EXERCISE. Only the lines holding "exactly" are wanted. Copy every one from the records below.

── EXERCISE MATERIAL

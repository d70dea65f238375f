-- ===== src/Demo/Laws/Atomic.antt =====
-- A request that the demo server refuses changes nothing: services/mockRouter.ts.
use everyup.Common.{String, ◌≡◌, arith}
use everyup.Demo.Route.Mutations.{Method, Mutation, route}
use everyup.Demo.State.{DemoState, Env, Body, Reply, Failure}
use everyup.Demo.Handlers.Agents
use everyup.Demo.Handlers.Infrastructure
use everyup.Demo.Handlers.Monitors
use everyup.Demo.Handlers.Observed
use everyup.Demo.Handlers.Projects
use everyup.Demo.Server.{perform, mock_router}

perform_thrown :
    (env : Env) (m : Mutation) (b : Body) (s : DemoState) (e : Failure)
    → (perform env m b s).1 ≡ Reply.thrown e
    → (perform env m b s).0 ≡ s
unfolding perform Agents.create_run Agents.put_profile Infrastructure.create Infrastructure.rotate
    Infrastructure.revoke Infrastructure.update Infrastructure.remove Observed.create
    Observed.rotate Observed.revoke Observed.update Observed.remove Observed.set_log_filter
    Observed.set_api_exclusions Projects.create Projects.assign Projects.unassign Projects.update
    Projects.remove Monitors.create Monitors.update Monitors.remove Agents.create
    Agents.renew_join_code Agents.rotate_key Agents.remove Agents.remove_service
    Agents.echo_log_filter
perform_thrown env (Mutation.create_run id) b s e h = ground arith
perform_thrown env _ b s e h = ground arith

-- A request that ends in an exception leaves every fixture as it was, whatever the handler.
pub mock_router_thrown :
    (env : Env) (method : Method) (endpoint : String) (b : Body) (s : DemoState) (e : Failure)
    → (mock_router env method endpoint b s).1 ≡ Reply.thrown e
    → (mock_router env method endpoint b s).0 ≡ s
unfolding mock_router
mock_router_thrown env method endpoint b s e h = perform_thrown env (route method endpoint) b s e h
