-- ===== src/Demo/Route/Reaches.antt =====
-- Every state-changing request of the client reaches the handler that is meant for it.
use everyup.Common.{String, ◌≡◌, refl, ◌+++◌, arith}
use everyup.Demo.Route.Segments.{IsSegment, split_slash, split_slash-+++, split_slash_whole}
use everyup.Demo.Route.Mutations.{Mutation, route, route_parts, MemberKind}
use everyup.Demo.Route.Client.{
  Sent, AgentsCall, agents_api, ProjectsCall, projects_api, HostsCall, hosts_api, ObservedCall,
  observed_api, MonitorsCall, services_api,
}

-- The handler that each call of the agents API means.
abbrev pub agents_target : (String → String) → AgentsCall → Mutation
agents_target encode (AgentsCall.update_agent_profile id profile) = Mutation.put_profile id
agents_target encode (AgentsCall.create_agent name profile) = Mutation.create_agent
agents_target encode (AgentsCall.create_agent_join_code id) = Mutation.join_code id
agents_target encode (AgentsCall.delete_agent id) = Mutation.delete_agent id
agents_target encode (AgentsCall.rotate_agent_key id) = Mutation.rotate_agent_key id
agents_target encode (AgentsCall.set_agent_service_log_filter id key levels) =
    Mutation.echo_log_filter id (encode key)

-- The ids that a call puts into its endpoint are segments.
abbrev pub AgentsFits : (String → String) → AgentsCall → Type 0
AgentsFits encode (AgentsCall.update_agent_profile id profile) = IsSegment id
AgentsFits encode (AgentsCall.create_agent name profile) = Unit
AgentsFits encode (AgentsCall.create_agent_join_code id) = IsSegment id
AgentsFits encode (AgentsCall.delete_agent id) = IsSegment id
AgentsFits encode (AgentsCall.rotate_agent_key id) = IsSegment id
AgentsFits encode (AgentsCall.set_agent_service_log_filter id key levels) =
    IsSegment id × IsSegment (encode key)

abbrev pub projects_target : ProjectsCall → Mutation
projects_target (ProjectsCall.create_project input) = Mutation.create_project
projects_target (ProjectsCall.update_project id input) = Mutation.update_project id
projects_target (ProjectsCall.delete_project id) = Mutation.delete_project id
projects_target (ProjectsCall.assign_agent p m) = Mutation.assign p MemberKind.agents m
projects_target (ProjectsCall.unassign_agent p m) = Mutation.unassign p MemberKind.agents m
projects_target (ProjectsCall.assign_monitor p m) = Mutation.assign p MemberKind.monitors m
projects_target (ProjectsCall.unassign_monitor p m) = Mutation.unassign p MemberKind.monitors m

abbrev pub ProjectsFits : ProjectsCall → Type 0
ProjectsFits (ProjectsCall.create_project input) = Unit
ProjectsFits (ProjectsCall.update_project id input) = IsSegment id
ProjectsFits (ProjectsCall.delete_project id) = IsSegment id
ProjectsFits (ProjectsCall.assign_agent p m) = IsSegment p × IsSegment m
ProjectsFits (ProjectsCall.unassign_agent p m) = IsSegment p × IsSegment m
ProjectsFits (ProjectsCall.assign_monitor p m) = IsSegment p × IsSegment m
ProjectsFits (ProjectsCall.unassign_monitor p m) = IsSegment p × IsSegment m

abbrev pub hosts_target : HostsCall → Mutation
hosts_target (HostsCall.create_resource input) = Mutation.create_infrastructure
hosts_target (HostsCall.update_resource id input) = Mutation.update_infrastructure id
hosts_target (HostsCall.rotate_resource_key id) = Mutation.rotate_infrastructure id
hosts_target (HostsCall.revoke_resource_key id) = Mutation.revoke_infrastructure id
hosts_target (HostsCall.delete_resource id) = Mutation.delete_infrastructure id

abbrev pub HostsFits : HostsCall → Type 0
HostsFits (HostsCall.create_resource input) = Unit
HostsFits (HostsCall.update_resource id input) = IsSegment id
HostsFits (HostsCall.rotate_resource_key id) = IsSegment id
HostsFits (HostsCall.revoke_resource_key id) = IsSegment id
HostsFits (HostsCall.delete_resource id) = IsSegment id

abbrev pub observed_target : ObservedCall → Mutation
observed_target (ObservedCall.create_service input) = Mutation.create_observed
observed_target (ObservedCall.update_service id input) = Mutation.update_observed id
observed_target (ObservedCall.delete_service id) = Mutation.delete_observed id
observed_target (ObservedCall.rotate_service_key id) = Mutation.rotate_observed id
observed_target (ObservedCall.revoke_service_key id) = Mutation.revoke_observed id
observed_target (ObservedCall.set_service_log_filter id levels) = Mutation.set_log_filter id
observed_target (ObservedCall.set_service_api_exclusions id ps) = Mutation.set_api_exclusions id

abbrev pub ObservedFits : ObservedCall → Type 0
ObservedFits (ObservedCall.create_service input) = Unit
ObservedFits (ObservedCall.update_service id input) = IsSegment id
ObservedFits (ObservedCall.delete_service id) = IsSegment id
ObservedFits (ObservedCall.rotate_service_key id) = IsSegment id
ObservedFits (ObservedCall.revoke_service_key id) = IsSegment id
ObservedFits (ObservedCall.set_service_log_filter id levels) = IsSegment id
ObservedFits (ObservedCall.set_service_api_exclusions id ps) = IsSegment id

abbrev pub services_target : MonitorsCall → Mutation
services_target (MonitorsCall.create_monitor input) = Mutation.create_monitor
services_target (MonitorsCall.update_monitor id input) = Mutation.update_monitor id
services_target (MonitorsCall.delete_monitor id) = Mutation.delete_monitor id

abbrev pub ServicesFits : MonitorsCall → Type 0
ServicesFits (MonitorsCall.create_monitor input) = Unit
ServicesFits (MonitorsCall.update_monitor id input) = IsSegment id
ServicesFits (MonitorsCall.delete_monitor id) = IsSegment id

abbrev arrives : Sent → Mutation
arrives s = route s.method s.endpoint

-- Each state-changing call of the agents API, with ids, and a key once it is encoded, that are
-- non-empty and free of slashes, is answered by the handler meant for it, which captures exactly those ids.
pub route-agents_api :
    (encode : String → String) (c : AgentsCall)
    → AgentsFits encode c
    → arrives (agents_api encode c) ≡ agents_target encode c
unfolding route route_parts split_slash agents_api
route-agents_api encode (AgentsCall.update_agent_profile id profile) h =
    rw (split_slash-+++ id "profile" h.1) (ground arith)
route-agents_api encode (AgentsCall.create_agent name profile) h = refl
route-agents_api encode (AgentsCall.create_agent_join_code id) h =
    rw (split_slash-+++ id "join-code" h.1) (ground arith)
route-agents_api encode (AgentsCall.delete_agent id) h =
    rw (split_slash_whole id h.1) (ground arith)
route-agents_api encode (AgentsCall.rotate_agent_key id) h =
    rw (split_slash-+++ id "rotate-key" h.1) (ground arith)
route-agents_api encode (AgentsCall.set_agent_service_log_filter id key levels) (h, k) =
    rw
      (
        split_slash-+++ id ("services/" +++ encode key +++ "/log-filter") h.1,
        split_slash-+++ (encode key) "log-filter" k.1,
      )
      (ground arith)

-- Each state-changing call of the projects API, with ids that are non-empty and free of slashes, is
-- answered by the handler meant for it, which captures exactly those ids.
pub route-projects_api :
    (c : ProjectsCall) → ProjectsFits c → arrives (projects_api c) ≡ projects_target c
unfolding route route_parts split_slash projects_api
route-projects_api (ProjectsCall.create_project input) h = refl
route-projects_api (ProjectsCall.update_project id input) h =
    rw (split_slash_whole id h.1) (ground arith)
route-projects_api (ProjectsCall.delete_project id) h = rw (split_slash_whole id h.1) (ground arith)
route-projects_api (ProjectsCall.assign_agent p m) (h, k) =
    rw (split_slash-+++ p ("agents/" +++ m) h.1, split_slash_whole m k.1) (ground arith)
route-projects_api (ProjectsCall.unassign_agent p m) (h, k) =
    rw (split_slash-+++ p ("agents/" +++ m) h.1, split_slash_whole m k.1) (ground arith)
route-projects_api (ProjectsCall.assign_monitor p m) (h, k) =
    rw (split_slash-+++ p ("monitors/" +++ m) h.1, split_slash_whole m k.1) (ground arith)
route-projects_api (ProjectsCall.unassign_monitor p m) (h, k) =
    rw (split_slash-+++ p ("monitors/" +++ m) h.1, split_slash_whole m k.1) (ground arith)

-- Each state-changing call of the hosts API, with an id that is non-empty and free of slashes, is
-- answered by the handler meant for it, which captures exactly that id.
pub route-hosts_api : (c : HostsCall) → HostsFits c → arrives (hosts_api c) ≡ hosts_target c
unfolding route route_parts split_slash hosts_api
route-hosts_api (HostsCall.create_resource input) h = refl
route-hosts_api (HostsCall.update_resource id input) h =
    rw (split_slash_whole id h.1) (ground arith)
route-hosts_api (HostsCall.rotate_resource_key id) h =
    rw (split_slash-+++ id "rotate-key" h.1) (ground arith)
route-hosts_api (HostsCall.revoke_resource_key id) h =
    rw (split_slash-+++ id "revoke-key" h.1) (ground arith)
route-hosts_api (HostsCall.delete_resource id) h = rw (split_slash_whole id h.1) (ground arith)

-- Each state-changing call of the observed-services API, with an id that is non-empty and free of
-- slashes, is answered by the handler meant for it, which captures exactly that id.
pub route-observed_api :
    (c : ObservedCall) → ObservedFits c → arrives (observed_api c) ≡ observed_target c
unfolding route route_parts split_slash observed_api
route-observed_api (ObservedCall.create_service input) h = refl
route-observed_api (ObservedCall.update_service id input) h =
    rw (split_slash_whole id h.1) (ground arith)
route-observed_api (ObservedCall.delete_service id) h = rw (split_slash_whole id h.1) (ground arith)
route-observed_api (ObservedCall.rotate_service_key id) h =
    rw (split_slash-+++ id "rotate-key" h.1) (ground arith)
route-observed_api (ObservedCall.revoke_service_key id) h =
    rw (split_slash-+++ id "revoke-key" h.1) (ground arith)
route-observed_api (ObservedCall.set_service_log_filter id levels) h =
    rw (split_slash-+++ id "log-filter" h.1) (ground arith)
route-observed_api (ObservedCall.set_service_api_exclusions id ps) h =
    rw (split_slash-+++ id "api-exclusions" h.1) (ground arith)

-- Each state-changing call of the uptime-monitors API, with an id that is non-empty and free of
-- slashes, is answered by the handler meant for it, which captures exactly that id.
pub route-services_api :
    (c : MonitorsCall) → ServicesFits c → arrives (services_api c) ≡ services_target c
unfolding route route_parts split_slash services_api
route-services_api (MonitorsCall.create_monitor input) h = refl
route-services_api (MonitorsCall.update_monitor id input) h =
    rw (split_slash_whole id h.1) (ground arith)
route-services_api (MonitorsCall.delete_monitor id) h = rw (split_slash_whole id h.1) (ground arith)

────

TASK RESPONSE.
-- non-empty and free of slashes, is answered by the handler meant for it, which captures exactly those ids.
-- answered by the handler meant for it, which captures exactly those ids.
-- answered by the handler meant for it, which captures exactly that id.
-- slashes, is answered by the handler meant for it, which captures exactly that id.
-- slashes, is answered by the handler meant for it, which captures exactly that id.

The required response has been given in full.